━━ SOURCE MATERIAL

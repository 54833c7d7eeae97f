-- ===== src/Config.antt =====
-- src/config.c: the configuration, one JSON document in memory and its copy on disk. Dotted keys
-- name members of nested objects; arrays of objects hold the queues and the downloads.
pub mod Arrays
pub mod Paths
pub mod Values
use mathlib.Core.Option
use mathlib.Core.List
use avar.Base.{
  Bool, List, Option, [], false, if◌then◌else◌, leb, length, map, none, not, some, true, ℕ, ◌&&◌,
  ◌++◌, ◌+◌, ◌==◌, ◌||◌, ◌∷◌,
}
use avar.CString.{Text, lit}
use avar.Proxy.{is_empty}
use avar.Cjson.{Cjson}

-- The parts of a key between its dots.
unfoldable pub split_onto : Text → Text → List Text
split_onto part [] = part ∷ []
split_onto part (c ∷ cs) =
    let rest = split_onto [] cs in
    let longer = split_onto (part ++ c ∷ []) cs in if c == b'.' then part ∷ rest else longer

unfoldable pub split_key : Text → List Text
unfolding split_onto
split_key key = split_onto [] key

module _ ⦃cj : Cjson⦄ where
  open cj use {
    Json, JsonText, print, parse, new_null, new_string, new_object, is_object, string_value,
    number_text, bool_value, array_items, new_array, has_no_members, get_item, put_item, add_item,
    delete_item,
  }

  -- `resolve_parent` with `create` false: the object that holds the leaf, and the leaf.
  unfoldable pub find_parent : Json → List Text → Option (Json × Text)
  find_parent root [] = none
  find_parent root (segment ∷ []) = if is_empty segment then none else some (root, segment)
  find_parent root (segment ∷ next ∷ segments) = elim (get_item root segment) [
    | none ↦ none
    | some child ↦
        let rest = find_parent child (next ∷ segments) in
        if is_empty segment || not (is_object child) then none else rest
  ]

  -- `resolve_parent` with a change to the object that it finds. The result is none where it finds
  -- none; objects that were created on the way stay.
  unfoldable pub update_parent : Bool → (Json → Text → Bool × Json) → Json → List Text → Bool × Json
  update_parent create f root [] = (false, root)
  update_parent create f root (segment ∷ []) =
      if is_empty segment then (false, root) else f root segment
  update_parent create f root (segment ∷ next ∷ segments) =
      let fresh = update_parent create f new_object (next ∷ segments) in
      elim (get_item root segment) [
        | none ↦
            if is_empty segment || not create
            then (false, root)
            else (fresh.0, add_item root segment fresh.1)
        | some child ↦
            let inner = update_parent create f child (next ∷ segments) in
            if is_empty segment
            then (false, root)
            else if is_object child
            then (inner.0, put_item root segment inner.1)
            else if create
            then (fresh.0, add_item (delete_item root segment) segment fresh.1)
            else (false, root)
      ]

  unfoldable pub config_scalar_to_string : Json → Option Text
  config_scalar_to_string item = elim (string_value item) [
    | some text ↦ some text
    | none ↦ elim (number_text item) [
      | some text ↦ some text
      | none ↦ elim (bool_value item) [
        | none ↦ none
        | some true ↦ some (lit "true")
        | some false ↦ some (lit "false")
      ]
    ]
  ]

  -- `_config.root`, the document in the file, and how often the file was written so far.
  pub record Config : Type 0 where
    pub root : Json
    pub disk : Json
    pub writes : ℕ

  abbrev pub with_root : Config → Json → Config
  with_root config root = record config { root = root }

  -- The leaf gets the text, in the place of what was there.
  unfoldable pub set_leaf : Text → Json → Text → Bool × Json
  set_leaf value parent leaf = elim (get_item parent leaf) [
    | some existing ↦ (true, put_item parent leaf (new_string value))
    | none ↦ (true, add_item parent leaf (new_string value))
  ]

  unfoldable pub delete_leaf : Json → Text → Bool × Json
  delete_leaf parent leaf = elim (get_item parent leaf) [
    | none ↦ (false, parent)
    | some item ↦ (true, delete_item parent leaf)
  ]

  -- The leaf where it is an object without members. The first flag says whether to go on.
  unfoldable pub prune_leaf : Json → Text → Bool × Json
  prune_leaf parent leaf = elim (get_item parent leaf) [
    | none ↦ (true, parent)
    | some node ↦
        if is_object node && has_no_members node
        then (true, delete_item parent leaf)
        else (false, parent)
  ]

  -- The loop of `prune_empty_parents`: the segments before the last, from the longest path on.
  unfoldable pub prune_paths : Json → List (List Text) → Json
  unfolding prune_leaf update_parent
  prune_paths root [] = root
  prune_paths root (path ∷ paths) =
      let (more, next) = update_parent false prune_leaf root path in
      let rest = prune_paths next paths in if more then rest else next

  -- The proper beginnings of a list that are not empty, the longest first.
  unfoldable pub beginnings : List Text → List (List Text)
  beginnings [] = []
  beginnings (segment ∷ []) = []
  beginnings (segment ∷ next ∷ segments) =
      List.map (λ path. segment ∷ path) (beginnings (next ∷ segments)) ++ (segment ∷ []) ∷ []

  unfoldable pub prune_empty_parents : Json → Text → Json
  unfolding prune_paths beginnings
  prune_empty_parents root key = prune_paths root (beginnings (split_key key))

  -- Which write of the file succeeds.
  module _ (persists : ℕ → Bool) where
    unfoldable pub persist_config : Config → Bool × Config
    persist_config config =
        if persists config.writes
        then (true, record config { disk = config.root; writes = config.writes + 1 })
        else (false, record config { writes = config.writes + 1 })

    -- A change of the document; it is written to the file where it was made.
    unfoldable pub change : Config → Bool × Json → Bool × Config
    unfolding persist_config
    change config (true, root) = persist_config (with_root config root)
    change config (false, root) = (false, with_root config root)

    unfoldable pub set_config : Config → Text → Text → Bool × Config
    unfolding change set_leaf update_parent
    set_config config key value =
        change config (update_parent true (set_leaf value) config.root (split_key key))

    unfoldable pub reset_config : Config → Text → Bool × Config
    unfolding change delete_leaf prune_empty_parents
    reset_config config key =
        let (found, root) = update_parent false delete_leaf config.root (split_key key) in
        if found then change config (true, prune_empty_parents root key) else (false, config)

    unfoldable pub reset_all_config : Config → Bool × Config
    unfolding change
    reset_all_config config = change config (true, new_object)

    -- The document in the file at another path afterwards, where it is written.
    unfoldable pub save_config : Config → Bool × (Option Json × Config)
    save_config config =
        if persists config.writes
        then (true, (some config.root, record config { writes = config.writes + 1 }))
        else (false, (none, record config { writes = config.writes + 1 }))

    -- `loaded` is the document in the file at the path, where it is there and an object.
    unfoldable pub load_config : Config → Option Json → Bool × Config
    unfolding change
    load_config config none = (false, config)
    load_config config (some loaded) = change config (true, loaded)

  -- The variables of the environment.
  module _ (getenv : Text → Option Text) where
    unfoldable pub get_config_from_env : Text → Option Text
    get_config_from_env key =
        if leb 256 (length (lit "avar." ++ key)) then none else getenv (lit "avar." ++ key)

    unfoldable pub get_config : Config → Text → Option Text
    unfolding get_config_from_env find_parent config_scalar_to_string
    get_config config key = elim (get_config_from_env key) [
      | some value ↦ some value
      | none ↦ elim (find_parent config.root (split_key key)) [
        | none ↦ none
        | some (parent, leaf) ↦ Option.bind (get_item parent leaf) config_scalar_to_string
      ]
    ]

    unfoldable pub get_config_or_default : Config → Text → Option Text → Option Text
    unfolding get_config
    get_config_or_default config key default_value = elim (get_config config key) [
      | some value ↦ some value
      | none ↦ default_value
    ]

━━━━

Return the entries in full. Do not alter them.

repository 54833c7d7eeae97f
-- ===== src/Config.antt =====
-- src/config.c: the configuration, one JSON document in memory and its copy on disk. Dotted keys
-- name members of nested objects; arrays of objects hold the queues and the downloads.
pub mod Arrays
pub mod Paths
pub mod Values
use mathlib.Core.Option
use mathlib.Core.List
use avar.Base.{
  Bool, List, Option, [], false, if◌then◌else◌, leb, length, map, none, not, some, true, ℕ, ◌&&◌,
  ◌++◌, ◌+◌, ◌==◌, ◌||◌, ◌∷◌,
}
use avar.CString.{Text, lit}
use avar.Proxy.{is_empty}
use avar.Cjson.{Cjson}

-- The parts of a key between its dots.
unfoldable pub split_onto : Text → Text → List Text
split_onto part [] = part ∷ []
split_onto part (c ∷ cs) =
    let rest = split_onto [] cs in
    let longer = split_onto (part ++ c ∷ []) cs in if c == b'.' then part ∷ rest else longer

unfoldable pub split_key : Text → List Text
unfolding split_onto
split_key key = split_onto [] key

module _ ⦃cj : Cjson⦄ where
  open cj use {
    Json, JsonText, print, parse, new_null, new_string, new_object, is_object, string_value,
    number_text, bool_value, array_items, new_array, has_no_members, get_item, put_item, add_item,
    delete_item,
  }

  -- `resolve_parent` with `create` false: the object that holds the leaf, and the leaf.
  unfoldable pub find_parent : Json → List Text → Option (Json × Text)
  find_parent root [] = none
  find_parent root (segment ∷ []) = if is_empty segment then none else some (root, segment)
  find_parent root (segment ∷ next ∷ segments) = elim (get_item root segment) [
    | none ↦ none
    | some child ↦
        let rest = find_parent child (next ∷ segments) in
        if is_empty segment || not (is_object child) then none else rest
  ]

  -- `resolve_parent` with a change to the object that it finds. The result is none where it finds
  -- none; objects that were created on the way stay.
  unfoldable pub update_parent : Bool → (Json → Text → Bool × Json) → Json → List Text → Bool × Json
  update_parent create f root [] = (false, root)
  update_parent create f root (segment ∷ []) =
      if is_empty segment then (false, root) else f root segment
  update_parent create f root (segment ∷ next ∷ segments) =
      let fresh = update_parent create f new_object (next ∷ segments) in
      elim (get_item root segment) [
        | none ↦
            if is_empty segment || not create
            then (false, root)
            else (fresh.0, add_item root segment fresh.1)
        | some child ↦
            let inner = update_parent create f child (next ∷ segments) in
            if is_empty segment
            then (false, root)
            else if is_object child
            then (inner.0, put_item root segment inner.1)
            else if create
            then (fresh.0, add_item (delete_item root segment) segment fresh.1)
            else (false, root)
      ]

  unfoldable pub config_scalar_to_string : Json → Option Text
  config_scalar_to_string item = elim (string_value item) [
    | some text ↦ some text
    | none ↦ elim (number_text item) [
      | some text ↦ some text
      | none ↦ elim (bool_value item) [
        | none ↦ none
        | some true ↦ some (lit "true")
        | some false ↦ some (lit "false")
      ]
    ]
  ]

  -- `_config.root`, the document in the file, and how often the file was written so far.
  pub record Config : Type 0 where
    pub root : Json
    pub disk : Json
    pub writes : ℕ

  abbrev pub with_root : Config → Json → Config
  with_root config root = record config { root = root }

  -- The leaf gets the text, in the place of what was there.
  unfoldable pub set_leaf : Text → Json → Text → Bool × Json
  set_leaf value parent leaf = elim (get_item parent leaf) [
    | some existing ↦ (true, put_item parent leaf (new_string value))
    | none ↦ (true, add_item parent leaf (new_string value))
  ]

  unfoldable pub delete_leaf : Json → Text → Bool × Json
  delete_leaf parent leaf = elim (get_item parent leaf) [
    | none ↦ (false, parent)
    | some item ↦ (true, delete_item parent leaf)
  ]

  -- The leaf where it is an object without members. The first flag says whether to go on.
  unfoldable pub prune_leaf : Json → Text → Bool × Json
  prune_leaf parent leaf = elim (get_item parent leaf) [
    | none ↦ (true, parent)
    | some node ↦
        if is_object node && has_no_members node
        then (true, delete_item parent leaf)
        else (false, parent)
  ]

  -- The loop of `prune_empty_parents`: the segments before the last, from the longest path on.
  unfoldable pub prune_paths : Json → List (List Text) → Json
  unfolding prune_leaf update_parent
  prune_paths root [] = root
  prune_paths root (path ∷ paths) =
      let (more, next) = update_parent false prune_leaf root path in
      let rest = prune_paths next paths in if more then rest else next

  -- The proper beginnings of a list that are not empty, the longest first.
  unfoldable pub beginnings : List Text → List (List Text)
  beginnings [] = []
  beginnings (segment ∷ []) = []
  beginnings (segment ∷ next ∷ segments) =
      List.map (λ path. segment ∷ path) (beginnings (next ∷ segments)) ++ (segment ∷ []) ∷ []

  unfoldable pub prune_empty_parents : Json → Text → Json
  unfolding prune_paths beginnings
  prune_empty_parents root key = prune_paths root (beginnings (split_key key))

  -- Which write of the file succeeds.
  module _ (persists : ℕ → Bool) where
    unfoldable pub persist_config : Config → Bool × Config
    persist_config config =
        if persists config.writes
        then (true, record config { disk = config.root; writes = config.writes + 1 })
        else (false, record config { writes = config.writes + 1 })

    -- A change of the document; it is written to the file where it was made.
    unfoldable pub change : Config → Bool × Json → Bool × Config
    unfolding persist_config
    change config (true, root) = persist_config (with_root config root)
    change config (false, root) = (false, with_root config root)

    unfoldable pub set_config : Config → Text → Text → Bool × Config
    unfolding change set_leaf update_parent
    set_config config key value =
        change config (update_parent true (set_leaf value) config.root (split_key key))

    unfoldable pub reset_config : Config → Text → Bool × Config
    unfolding change delete_leaf prune_empty_parents
    reset_config config key =
        let (found, root) = update_parent false delete_leaf config.root (split_key key) in
        if found then change config (true, prune_empty_parents root key) else (false, config)

    unfoldable pub reset_all_config : Config → Bool × Config
    unfolding change
    reset_all_config config = change config (true, new_object)

    -- The document in the file at another path afterwards, where it is written.
    unfoldable pub save_config : Config → Bool × (Option Json × Config)
    save_config config =
        if persists config.writes
        then (true, (some config.root, record config { writes = config.writes + 1 }))
        else (false, (none, record config { writes = config.writes + 1 }))

    -- `loaded` is the document in the file at the path, where it is there and an object.
    unfoldable pub load_config : Config → Option Json → Bool × Config
    unfolding change
    load_config config none = (false, config)
    load_config config (some loaded) = change config (true, loaded)

  -- The variables of the environment.
  module _ (getenv : Text → Option Text) where
    unfoldable pub get_config_from_env : Text → Option Text
    get_config_from_env key =
        if leb 256 (length (lit "avar." ++ key)) then none else getenv (lit "avar." ++ key)

    unfoldable pub get_config : Config → Text → Option Text
    unfolding get_config_from_env find_parent config_scalar_to_string
    get_config config key = elim (get_config_from_env key) [
      | some value ↦ some value
      | none ↦ elim (find_parent config.root (split_key key)) [
        | none ↦ none
        | some (parent, leaf) ↦ Option.bind (get_item parent leaf) config_scalar_to_string
      ]
    ]

    unfoldable pub get_config_or_default : Config → Text → Option Text → Option Text
    unfolding get_config
    get_config_or_default config key default_value = elim (get_config config key) [
      | some value ↦ some value
      | none ↦ default_value
    ]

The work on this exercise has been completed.